Karakter Tiap Lensa Beda : Pahami dan Jangan Abaikan

Berapa lensa yang Anda punya? Saya hanya punya 3 saja untuk Canon700D kesayangan, yaitu si lensa kit 18-55 mm, lensa zoom 55-250 mm, dan si pembuat bokeh Canon fix 50 mm STM. Harap maklum dana yang tersedia untuk menyalurkan hobi memang diperketat karena banyak kebutuhan lain yang perlu diperhatikan daripada memuaskan hasrat memotret saja.

Itu saja sudah bikin pusing. Bukan uangnya, alhamdulillah sudah terlunasi semuanya, tetapi karena seringkali lupa kalau karakter tiap lensa itu beda. Jadi, cara penggunaannya pun tidak bisa sama.

Karakter Tiap Lensa Beda

Beberapa hari yang lalu, di ajang Cap Go Meh Bogor 2018, saya merasakan betapa pentingnya mengerti ,memahami, dan mengingat karakter yang dipunyai setiap lensa. Beberapa “shoots” yang diambil terbuang percuma karena “lupa” jenis lensa yang sedang dipergunakan.

Biasanya, saat hunting foto, saya lebih mengandalkan pada si 55-250 mm karena walaupun bokehnya tidak sebagus si fix 50 mm, tetapi fitur auto-focus sangat cepat. Hal itu sangat membantu dalam memotret obyek yang bergerak. Sementara si fix 50 mm STM, walau bokehnya bagus, ternyata kemampuan auto-focusnya lebih lamban apalagi kalau sedang memakai aperture priority.

Itu memang salah satu kelemahan dari si Fix 50 mm STM. Makanya, banyak yang lebih suka berinvestasi sedikit lebih mahal pada versi USM-nya karena auto-focusnya lebih kencang. Cuma, karena sudah dibeli, yah berarti haruslah dimanfaatkan.

Kejadiannya adalah ketika saya lupa mengganti si fix dengan 55-250 mm dan bertepatan dengan banyaknya peserta pawai yang mulai bergerak. Salah satunya adalah wanita berbaju kuning yang cantik dengan kacamata hitamnya.

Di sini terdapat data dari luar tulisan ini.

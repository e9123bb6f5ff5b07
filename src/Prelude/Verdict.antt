-- ===== src/Prelude/Verdict.antt =====
-- The outcome of the validation functions: `[true, ""]`, `[false, reason]`, or a failed assertion.
use Prim.Native.String
use Prim.Native.String.{String}
use mathlib.Core.Path.{◌≡◌, refl}
use mathlib.Core.Logic.{◌↔◌}
use mathlib.Core.Bool.{Bool, true, false, not}
use Prim.Native.Nat.{◌+◌}
use openodin.Prelude.Tests.{leb→le}
use openodin.Prelude.Int.{ℤ, pos_part, neg_part, leb_ℤ, ◌≤ℤ◌}
use openodin.Prelude.Buffer.{Buffer, equals, equals→eq}

pub data Verdict : Type 0 where
  accepted : Verdict
  refused : String → Verdict
  thrown : String → Verdict

infixl 5 ◌>>◌
-- A refusal is returned at once, and an error leaves all callers.
abbrev pub ◌>>◌ : Verdict → Verdict → Verdict
accepted >> k = k
refused reason >> k = refused reason
thrown error >> k = thrown error

-- `if (test) { return [false, reason]; }`
abbrev pub refuse_if : Bool → String → Verdict
refuse_if true reason = refused reason
refuse_if false reason = accepted

-- `return [false, \`prefix ${reason}\`]` for a refusal by a callee.
abbrev pub wrap : String → Verdict → Verdict
wrap prefix accepted = accepted
wrap prefix (refused reason) = refused (String.◌++◌ prefix reason)
wrap prefix (thrown error) = thrown error

-- `if (test) { ... }` around further checks.
abbrev pub when : Bool → Verdict → Verdict
when true checks = checks
when false checks = accepted

pub >>-eq-accepted : (a b : Verdict) → ((a >> b) ≡ accepted) ↔ ((a ≡ accepted) × (b ≡ accepted))
>>-eq-accepted accepted b = (λ h. (refl, h), λ h. h.1)
>>-eq-accepted (refused reason) b = (λ h. cc, λ h. cc)
>>-eq-accepted (thrown error) b = (λ h. cc, λ h. cc)

pub refuse_if-eq-accepted : (t : Bool) (s : String) → (refuse_if t s ≡ accepted) ↔ (t ≡ false)
refuse_if-eq-accepted true s = (λ h. cc, λ h. cc)
refuse_if-eq-accepted false s = (λ h. refl, λ h. refl)

pub when-eq-accepted : (t : Bool) (b : Verdict) → (when t b ≡ accepted) ↔ (t ≡ true → b ≡ accepted)
when-eq-accepted true b = (λ h _. h, λ h. h refl)
when-eq-accepted false b = (λ h e. cc, λ h. refl)

-- The two halves of an accepted sequence, and the test that an accepted guard failed.
pub both_accepted : (a b : Verdict) → (a >> b) ≡ accepted → (a ≡ accepted) × (b ≡ accepted)
both_accepted a b h = (>>-eq-accepted a b).0 h

pub not_refused : (t : Bool) (s : String) → refuse_if t s ≡ accepted → t ≡ false
not_refused t s h = (refuse_if-eq-accepted t s).0 h

-- A guard `if (!t)` that let the value pass.
pub passes : (t : Bool) (s : String) → refuse_if (not t) s ≡ accepted → t ≡ true
passes true s h = refl
passes false s h = cc

-- A guard `if (b < a)` or `if (!a.equals(b))` that let the value pass.
pub passes_le : (a b : ℤ) (s : String) → refuse_if (not (leb_ℤ a b)) s ≡ accepted → a ≤ℤ b
passes_le a b s h = leb→le (pos_part a + neg_part b) (pos_part b + neg_part a) (passes _ s h)

pub passes_equals : (a b : Buffer) (s : String) → refuse_if (not (equals a b)) s ≡ accepted → a ≡ b
passes_equals a b s h = equals→eq a b (passes (equals a b) s h)

pub wrap-eq-accepted : (s : String) (v : Verdict) → wrap s v ≡ accepted → v ≡ accepted
wrap-eq-accepted s accepted h = refl
wrap-eq-accepted s (refused reason) h = cc
wrap-eq-accepted s (thrown error) h = cc

-- Reads a verdict of `accepted` as the conjunction of its checks.
pub ruleset verdicts = (>>-eq-accepted, refuse_if-eq-accepted, when-eq-accepted)
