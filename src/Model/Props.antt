-- ===== src/Model/Props.antt =====
-- BaseModelProps of datamodel/types.ts and `BaseModel.validate` of datamodel/BaseModel.ts. Times are
-- JavaScript integers, which may be negative before validation.
use openodin.Prelude.{ℕ, Bool, true, false, Option, none, some, not, ◌==◌, length}
use openodin.Prelude.Int.{ℤ, pos, leb_ℤ}
use openodin.Prelude.Buffer.{Buffer}
use openodin.Prelude.Verdict.{Verdict, accepted, refused, refuse_if, ◌>>◌}

pub record BaseModelProps : Type 0 where
  pub model_type : Option Buffer
  pub id1 : Option Buffer
  pub owner : Option Buffer
  pub creation_time : Option ℤ
  pub expire_time : Option ℤ

-- `!x || x.length !== n`
abbrev pub lacks_length : ℕ → Option Buffer → Bool
lacks_length n none = true
lacks_length n (some b) = not (length b == n)

-- `x?.length`, as a condition: there are bytes.
abbrev pub has_bytes : Option Buffer → Bool
has_bytes none = false
has_bytes (some b) = not (length b == 0)

check_time : ℤ → Option ℤ → Verdict
check_time expire_time none = accepted
check_time expire_time (some time) = refuse_if (leb_ℤ expire_time time) "model has expired"

check_expire : ℤ → Option ℤ → Option ℤ → Verdict
unfolding check_time
check_expire creation_time none time = accepted
check_expire creation_time (some expire_time) time = do
  refuse_if (leb_ℤ expire_time creation_time)
      "creationTime (if set) must be lesser than expireTime (if set)"
  check_time expire_time time

check_creation : Option ℤ → Option ℤ → Option ℤ → Verdict
unfolding check_expire
check_creation none expire_time time = refused "creationTime must be set"
check_creation (some creation_time) expire_time time = do
  check_expire creation_time expire_time time
  refuse_if (not (leb_ℤ (pos 0) creation_time)) "creationTime (if set) must be 0 or greater"

-- `deepValidate` has no effect at this level.
unfoldable pub validate_model : BaseModelProps → Option ℤ → Verdict
unfolding check_creation
validate_model props time = do
  refuse_if (lacks_length 3 props.model_type) "modelType expected to be set to 3 bytes"
  refuse_if (not (has_bytes props.owner)) "owner expected to be set"
  check_creation props.creation_time props.expire_time time
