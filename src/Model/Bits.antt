-- ===== src/Model/Bits.antt =====
-- IS_BIT_SET and SET_BIT of datamodel/BaseModel.ts, which work on the binary digits of a number.
-- They support integers of up to 48 bits; `parseInt` is exact below 2 ^ 53, and the numbers here are
-- exact everywhere. Lists of digits are in the order that the code has after `reverse()`, the lowest digit first.
use native.Mathlib.Nat.{pow-le-pow_right}
use openodin.Prelude.{
  length, ◌<◌, ◌^◌, ℕ, zero, suc, ◌+◌, ◌*◌, ◌/◌, ◌%◌, ◌≤◌, ◌≡◌, refl, sym, ap, ◌∙◌, Bool, true,
  false, List, [], ◌∷◌, arith, ◌==◌, if◌then◌else◌, Bool-cases, inl, inr,
}

digits_from : ℕ → ℕ → List Bool
digits_from zero n = []
digits_from (suc f) n =
    let rest = digits_from f (n / 2) in if n == 0 then [] else (n % 2 == 1) ∷ rest

-- `config.toString(2)` reversed. Every round halves a positive number, so `n` rounds are enough; the
-- digit of 0 is left to `pad`, whose width is never 0 here.
digits : ℕ → List Bool
digits n = digits_from n n

-- `padStart(width, "0")`, seen from the lowest digit.
pad : ℕ → List Bool → List Bool
pad zero bin = bin
pad (suc width) [] = false ∷ pad width []
pad (suc width) (b ∷ bin) = b ∷ pad width bin

-- `bin[index] === "1"`, false out of range.
digit : List Bool → ℕ → Bool
digit [] index = false
digit (b ∷ bin) zero = b
digit (b ∷ bin) (suc index) = digit bin index

-- `bin[index] = …` within the padded width.
write : List Bool → ℕ → Bool → List Bool
write [] index b = []
write (x ∷ bin) zero b = b ∷ bin
write (x ∷ bin) (suc index) b = x ∷ write bin index b

-- `parseInt(bin.reverse().join(""), 2)`
parse : List Bool → ℕ
parse [] = 0
parse (b ∷ bin) = (if b then 1 else 0) + 2 * parse bin

unfoldable pub is_bit_set : ℕ → ℕ → Bool
unfolding digit pad digits digits_from
is_bit_set config index = digit (pad (suc index) (digits config)) index

unfoldable pub set_bit : ℕ → ℕ → Bool → ℕ
unfolding parse write pad digits digits_from
set_bit config index is_set = parse (write (pad (suc index) (digits config)) index is_set)

-- Bit `index` of a number, by halving.
unfoldable pub test_bit : ℕ → ℕ → Bool
test_bit n zero = n % 2 == 1
test_bit n (suc index) = test_bit (n / 2) index

test_bit-zero : (j : ℕ) → test_bit 0 j ≡ false
unfolding test_bit
test_bit-zero zero = refl
test_bit-zero (suc j) = test_bit-zero j

digit-digits_from : (f n j : ℕ) → n ≤ f → digit (digits_from f n) j ≡ test_bit n j
unfolding digits_from digit test_bit
digit-digits_from zero n j h = let e : n ≡ 0 = omega arith in rw e (sym (test_bit-zero j))
digit-digits_from (suc f) n j h = elim (Bool-cases (n == 0)) [
  | inl none_left ↦ rw none_left (let e : n ≡ 0 = ground arith in rw e (sym (test_bit-zero j)))
  | inr more ↦ rw more (digit_cons (λ k. digit-digits_from f (n / 2) k (ground arith)) j)
]
  where
    digit_cons :
        ((k : ℕ) → digit (digits_from f (n / 2)) k ≡ test_bit (n / 2) k)
        → (j : ℕ) → digit ((n % 2 == 1) ∷ digits_from f (n / 2)) j ≡ test_bit n j
    digit_cons ih zero = refl
    digit_cons ih (suc k) = ih k

digit-pad : (w : ℕ) (bin : List Bool) (j : ℕ) → digit (pad w bin) j ≡ digit bin j
unfolding pad digit
digit-pad zero bin j = refl
digit-pad (suc w) [] zero = refl
digit-pad (suc w) [] (suc j) = digit-pad w [] j
digit-pad (suc w) (b ∷ bin) zero = refl
digit-pad (suc w) (b ∷ bin) (suc j) = digit-pad w bin j

-- Writing within the padded width changes that digit and no other.
digit-write :
    (i j : ℕ) (bin : List Bool) (b : Bool)
    → digit (write (pad (suc i) bin) i b) j ≡ (if i == j then b else digit bin j)
unfolding write pad digit
digit-write zero zero [] b = refl
digit-write zero zero (x ∷ bin) b = refl
digit-write zero (suc j) [] b = ground arith
digit-write zero (suc j) (x ∷ bin) b = ground arith
digit-write (suc i) zero [] b = ground arith
digit-write (suc i) zero (x ∷ bin) b = ground arith
digit-write (suc i) (suc j) [] b = ground (arith, digit-write i j [] b)
digit-write (suc i) (suc j) (x ∷ bin) b = ground (arith, digit-write i j bin b)

test_bit-parse : (bin : List Bool) (j : ℕ) → test_bit (parse bin) j ≡ digit bin j
unfolding test_bit parse digit
test_bit-parse [] j = test_bit-zero j
test_bit-parse (b ∷ bin) zero = ground arith
test_bit-parse (b ∷ bin) (suc j) =
    let e : parse (b ∷ bin) / 2 ≡ parse bin = ground arith in
    ap (λ n. test_bit n j) e ∙ test_bit-parse bin j

-- Reading the padded binary text is reading the bit of the number.
pub is_bit_set-eq-test_bit : (config index : ℕ) → is_bit_set config index ≡ test_bit config index
unfolding is_bit_set
is_bit_set-eq-test_bit config index =
    digit-pad (suc index) (digits config) index
    ∙ digit-digits_from config config index (omega arith)

-- The bit that is written reads as it was set, and every other bit as before.
pub written_bit :
    (config i j : ℕ) (b : Bool)
    → is_bit_set (set_bit config i b) j ≡ (if i == j then b else is_bit_set config j)
unfolding set_bit
written_bit config i j b =
    is_bit_set-eq-test_bit (parse (write (pad (suc i) (digits config)) i b)) j
    ∙ test_bit-parse (write (pad (suc i) (digits config)) i b) j
    ∙ rw digit-write (
        ap (λ old. if i == j then b else old)
          (digit-digits_from config config j (omega arith) ∙ sym (is_bit_set-eq-test_bit config j)))

length-write : (bin : List Bool) (i : ℕ) (b : Bool) → length (write bin i b) ≡ length bin
unfolding write
length-write [] i b = refl
length-write (x ∷ bin) zero b = refl
length-write (x ∷ bin) (suc i) b = omega (arith, length-write bin i b)

length-pad : (w : ℕ) (bin : List Bool) (k : ℕ) → w ≤ k → length bin ≤ k → length (pad w bin) ≤ k
unfolding pad
length-pad zero bin k w h = h
length-pad (suc w) bin zero le h = absurd (omega arith)
length-pad (suc w) [] (suc k) le h = omega (arith, length-pad w [] k (omega arith) (omega arith))
length-pad (suc w) (x ∷ bin) (suc k) le h =
    omega (arith, length-pad w bin k (omega arith) (omega arith))

length-digits_from : (f n k : ℕ) → n < 2 ^ k → length (digits_from f n) ≤ k
unfolding digits_from
length-digits_from zero n k h = omega arith
length-digits_from (suc f) n zero h = let e : n ≡ 0 = ground arith in rw e (omega arith)
length-digits_from (suc f) n (suc k) h = elim (Bool-cases (n == 0)) [
  | inl e ↦ rw e (omega arith)
  | inr e ↦ rw e (let deeper = length-digits_from f (n / 2) k (ground arith) in omega arith)
]

parse-lt : (bin : List Bool) → parse bin < 2 ^ length bin
unfolding parse
parse-lt [] = ground arith
parse-lt (true ∷ bin) = let h = parse-lt bin in ground arith
parse-lt (false ∷ bin) = let h = parse-lt bin in ground arith

-- On an integer of 48 bits and one of its bits, SET_BIT gives an integer of 48 bits, of which the
-- given bit reads as it was set and every other bit as before.
pub is_bit_set-set_bit :
    (config i j : ℕ) (b : Bool)
    → config < 2 ^ 48
    → i < 48
    → (set_bit config i b < 2 ^ 48)
      × (is_bit_set (set_bit config i b) j ≡ (if i == j then b else is_bit_set config j))
unfolding set_bit digits
is_bit_set-set_bit config i j b h k = (bound, written_bit config i j b)
  where
    bin : List Bool
    bin = write (pad (suc i) (digits config)) i b

    short : length bin ≤ 48
    short = omega (
      arith,
      length-write (pad (suc i) (digits config)) i b,
      length-pad (suc i) (digits config) 48 (omega arith) (length-digits_from config config 48 h),
    )

    bound : parse bin < 2 ^ 48
    bound =
        let grows : 2 ^ length bin ≤ 2 ^ 48 = pow-le-pow_right (omega arith) short in
        let below = parse-lt bin in omega arith

-- The program's uses: flags of a node read from its config number 0b10000110.
is_bit_set_runs :
    (is_bit_set 134 2 ≡ true) × (is_bit_set 134 3 ≡ false) × (set_bit 134 3 true ≡ 142)
unfolding is_bit_set set_bit
is_bit_set_runs = (refl, refl, refl)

Mau tidak mau, mengganti lensa pada saat itu hanya akan membuat kehilangan momen. Jadilah, terpaksa si Fix yang harus bertugas. Jadilah, saya menunggu sampai posisinya pas.

Sayangnya, saya lupa masih pada aperture priority mode. Ketika kamera diarahkan, ternyata butuh waktu lama juga untuk kamera bisa menemukan fokusnya, karena obyeknya bergerak. Hasilnya adalah ya foto di atas. Posisi obyek sudah berubah dengan cepat dan pada akhirnya hanya bisa memotret seadanya saja karena “lamanya” si fix 50 mm untuk mendapatkan fokusnya.

Hal ini terulang beberapa kali.

Sehingga pada akhirnya, saya sempat mengganti lensa dengan si zoom 55-250 mm. Dan, semuanya beres.

Bukan berarti si fix tidak bagus, tetapi lebih karena “tidak sesuai” dengan kondisinya. Obyek yang bergerak membutuhkan fokus yang bisa cepat. Si lensa fix 50 mm pun bisa bergerak lebih cepat kalau setting diatur ke mode auto. Hanya saja, lensa itu kehilangan kelebihannya dalam membuat bokeh (blur) karena kamera menyesuaikan secara otomatis aperture dan sulit mencapai angka f/1.8 supaya bokehnya enak dilihat. Hasilnya akhirnya kelebihan itu kurang bisa dimaksimalkan dengan mode auto.

Saya “memaksakan” untuk menggunakan lensa yang karakternya tidak sesuai dengan kondisi lapangan. Dan, sebagai hasilnya, lumayan banyak juga momen yang terlewat karenanya. Padahal, saya cukup memahami karakternya, tetapi yah namanya manusia, terkadang lupa teori saat berada di lapangan.

Padahal, kalau lensa yang “cocok” sudah siap sedia, mungkin hal itu tidak akan terjadi. Tapi, yah sudahlah. Itulah pelajaran agar jangan mengabaikan karakter tiap lensa. Pasti ada kelebihan dan kekurangan dan sebagai fotografer maka kitalah yang harus berpikir untuk memilih mana yang sesuai dengan kondisi di lapangan.